Blackwater Boat Company is a niche manufacturer that makes two types of fiberglass boat hulls – (a) a 14’ mono-hull skiff, and (b) a 21’ fiberglass catamaran with a cabin. The completed hulls are sold to other companies that dress out the boats and sell them to retailers. Each boat is formed using molds, then slow-cured in a large industrial oven. Due to cooling times and maintenance, the ovens can be fired for only 2,000 hours per year. Applicable information for each boat appears below. Usually, the company operates at full capacity, selling roughly 600 mono-hulls and 200 “cats” each year. Also, assume the company has $120,000 per year in fixed costs that it chooses to allocate equally to each category of boats.

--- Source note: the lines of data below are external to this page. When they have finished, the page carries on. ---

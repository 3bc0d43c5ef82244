-- ===== src/Tests/Server.antt =====
-- The gate server at work.
use qt_chatting.Prelude.{
  ◌≡◌, refl, String, true, false, none, some, List, [], ◌∷◌, returned, threw, Runs, str_eq,
}
use qt_chatting.Protocol.{success, err_json}
use qt_chatting.Sql.Laws.{has_email}
use qt_chatting.Gate.Outside.{Reply, Gate}
use qt_chatting.Gate.Logic.{
  answer_user_register, answer_reset_passwd, answer_get_varifycode, is_code, Handle, find,
  get_handles, post_handles,
}
use qt_chatting.Gate.Logic.Register
use qt_chatting.Gate.Logic.Register.{HasRows, with_error, Registers, answer_user_register-Runs}
use qt_chatting.Gate.Logic.Reset
use qt_chatting.Gate.Logic.Reset.{Resets, answer_reset_passwd-Runs, answer_reset_passwd-no_change}
use qt_chatting.Gate.Connection.{Response, get_verb, post_verb, on_read}
use qt_chatting.Gate.Connection.Answers.{
  received, responded, request_with, json_response, not_found_response, on_read-answered,
  on_read-not_found, on_read-thrown,
}
use qt_chatting.Tests.Fakes.{
  outside, laws, hashes, register_fields, reset_fields, list_fields, bob, world,
}
use qt_chatting.Protocol.{register_mod}
use qt_chatting.Gate.Logic.{answer_get_reset_varifycode}
use qt_chatting.Gate.Logic.Code.{
  SendsCode, ResetCode, answer_get_varifycode-SendsCode, answer_get_reset_varifycode-ResetCode,
}
use qt_chatting.Prelude.{arith}
use qt_chatting.Tests.Stubs.{fresh, lending, lending-Holds}
use qt_chatting.Tests.Database.{pool_of_two, state-Has}

abbrev pub gate : Gate outside
gate = record { sql_pool = pool_of_two; rpc_pool = fresh.pool; world = world }

abbrev pub register_request : Register.Fields outside register_fields
register_request = record {
  email = "ann@example.org";
  code = "4711";
  username = "ann";
  passwd = "password1";
  email_is = refl;
  code_is = refl;
  username_is = refl;
  passwd_is = refl;
}

abbrev pub reset_request : Reset.Fields outside reset_fields
reset_request = record {
  email = "bob@example.org";
  code = "4711";
  passwd = "password2";
  email_is = refl;
  code_is = refl;
  passwd_is = refl;
}

answer_user_register-Runs_example :
    Registers outside laws hashes register_fields register_request
      (bob ∷ [])
      (is_code "4711" (some "4711"))
      (has_email str_eq "ann@example.org" (bob ∷ []))
      gate
      (answer_user_register outside (some register_fields))
answer_user_register-Runs_example =
    answer_user_register-Runs outside laws hashes register_fields register_request (bob ∷ []) gate
      (some "4711") world state-Has refl refl

answer_reset_passwd-Runs_example :
    Resets outside laws hashes reset_fields reset_request
      (bob ∷ [])
      gate
      (some "4711")
      (has_email str_eq "bob@example.org" (bob ∷ []))
      (is_code "4711" (some "4711"))
      (answer_reset_passwd outside (some reset_fields))
answer_reset_passwd-Runs_example =
    answer_reset_passwd-Runs outside laws hashes reset_fields reset_request (bob ∷ []) gate
      (some "4711") state-Has (λ w. (w, refl, refl))

bob_is_known : has_email str_eq "bob@example.org" (bob ∷ []) ≡ true
unfolding has_email
bob_is_known = refl

no_such_email : has_email str_eq "$2b$password2" (bob ∷ []) ≡ false
unfolding has_email
no_such_email = refl

answer_reset_passwd-no_change_example :
    Runs
      (answer_reset_passwd outside (some reset_fields))
      gate
      (with_error outside laws hashes success)
      (HasRows outside laws hashes (bob ∷ []))
answer_reset_passwd-no_change_example =
    answer_reset_passwd-no_change outside laws hashes reset_fields reset_request (bob ∷ []) gate
      (some "4711") state-Has (λ w. (w, refl, refl)) bob_is_known refl (λ w. no_such_email)

abbrev pub empty_response : Response
empty_response = record {
  version = 11;
  keep_alive = true;
  result = 200;
  content_type = none;
  server = none;
  body = "";
  content_length = none;
}

post_varifycode : find "/get_varifycode" post_handles ≡ some Handle.get_varifycode
unfolding find post_handles
post_varifycode = refl

-- "nothing" is no JSON.
abbrev refused : Reply (List (String × String))
refused = with_error outside laws hashes err_json

answered_refused : answer_get_varifycode outside none gate ≡ (returned refused, gate)
unfolding answer_get_varifycode
answered_refused = refl

on_read-answered_example :
    on_read outside false (
      received outside gate
        (request_with outside gate "/get_varifycode" 11 "nothing" empty_response post_verb)
        empty_response)
    ≡ (
      returned tt,
      responded outside gate
          (request_with outside gate "/get_varifycode" 11 "nothing" empty_response post_verb)
          (json_response outside gate "/get_varifycode" 11 "nothing" empty_response refused),
    )
on_read-answered_example =
    on_read-answered outside gate "/get_varifycode" 11 "nothing" empty_response
      Handle.get_varifycode (answer_get_varifycode outside) refused gate post_varifycode refl
      answered_refused

no_post : find "/nowhere" post_handles ≡ none
unfolding find post_handles
no_post = refl

no_get : find "/nowhere" get_handles ≡ none
unfolding find get_handles
no_get = refl

on_read-not_found_example :
    (on_read outside false (
        received outside gate
          (request_with outside gate "/nowhere" 11 "" empty_response post_verb)
          empty_response)
      ≡ (
        returned tt,
        responded outside gate
            (request_with outside gate "/nowhere" 11 "" empty_response post_verb)
            (not_found_response outside gate "/nowhere" 11 "" empty_response),
      ))
    × (on_read outside false (
          received outside gate
            (request_with outside gate "/nowhere" 11 "" empty_response get_verb)
            empty_response)
        ≡ (
          returned tt,
          responded outside gate
              (request_with outside gate "/nowhere" 11 "" empty_response get_verb)
              (not_found_response outside gate "/nowhere" 11 "" empty_response),
        ))
on_read-not_found_example =
    on_read-not_found outside gate "/nowhere" 11 "" empty_response no_post no_get

post_register : find "/user_register" post_handles ≡ some Handle.user_register
unfolding find post_handles
post_register = refl

-- The code of the request is a list.
threw_list :
    answer_user_register outside (some list_fields) gate ≡ (threw "not convertible to string", gate)
unfolding answer_user_register
threw_list = refl

on_read-thrown_example :
    let c =
      (on_read outside false (
        received outside gate
          (request_with outside gate "/user_register" 11 "list" empty_response post_verb)
          empty_response)).1.connection in
    (c.written ≡ []) × (c.is_waiting ≡ false) × (c.is_open ≡ true)
on_read-thrown_example =
    on_read-thrown outside gate "/user_register" 11 "list" empty_response Handle.user_register
      (answer_user_register outside) "not convertible to string" gate post_register refl threw_list

-- One stub is stored and another one lent.
abbrev busy_gate : Gate outside
busy_gate = record { sql_pool = pool_of_two; rpc_pool = lending.pool; world = world }

answer_get_varifycode-SendsCode_example :
    SendsCode outside register_fields register_fields "ann@example.org" register_mod busy_gate
      (9 ∷ [])
      1
      (answer_get_varifycode outside (some register_fields))
answer_get_varifycode-SendsCode_example =
    answer_get_varifycode-SendsCode outside register_fields register_fields "ann@example.org"
      busy_gate (9 ∷ []) 1 refl refl lending-Holds (omega arith)

answer_get_reset_varifycode-ResetCode_example :
    ResetCode outside reset_fields reset_fields "bob@example.org" laws hashes
      (bob ∷ [])
      (has_email str_eq "bob@example.org" (bob ∷ []))
      busy_gate
      (9 ∷ [])
      1
      (answer_get_reset_varifycode outside (some reset_fields))
answer_get_reset_varifycode-ResetCode_example =
    answer_get_reset_varifycode-ResetCode outside reset_fields reset_fields "bob@example.org" laws
      hashes (bob ∷ []) busy_gate (9 ∷ []) 1 refl refl lending-Holds (omega arith) state-Has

14’ Mono-hull 21’ cat with cabin

Unit Sales Price $800.00 $1,200.00

Unit Variable Costs 500.00 700.00

Allocated Total Fixed Costs 60,000.00 60,000.00

Allocated Per Unit Fixed Costs 100.00 300.00

Oven Time Req’d 2 hours. 4 hours.

(a) Assume this has been a bad year for sales, and the company has excess capacity. It is approached by a wholesaler that offers to make one-time purchase of 14’ mono-hulls for a special anniversary boat. It offers to buy 200 boats, and pay $600 for each one. Does the information provided here suggest that the company should accept the offer? Show impact on profit, explain why, and include supporting figures.

(b) Now assume the company is operating at its normal capacity, which uses all of the available oven time. In fact, it has more offers to purchase than it can handle. It has full price offers for up to 900 mono-hulls and up to 300 “cats.” In order to maximize profits, which offers should it accept (how many of each boat)? Explain, and show supporting calculations.

Using either a Word document, or an Excel document, submit your answer showing calculations and explanations.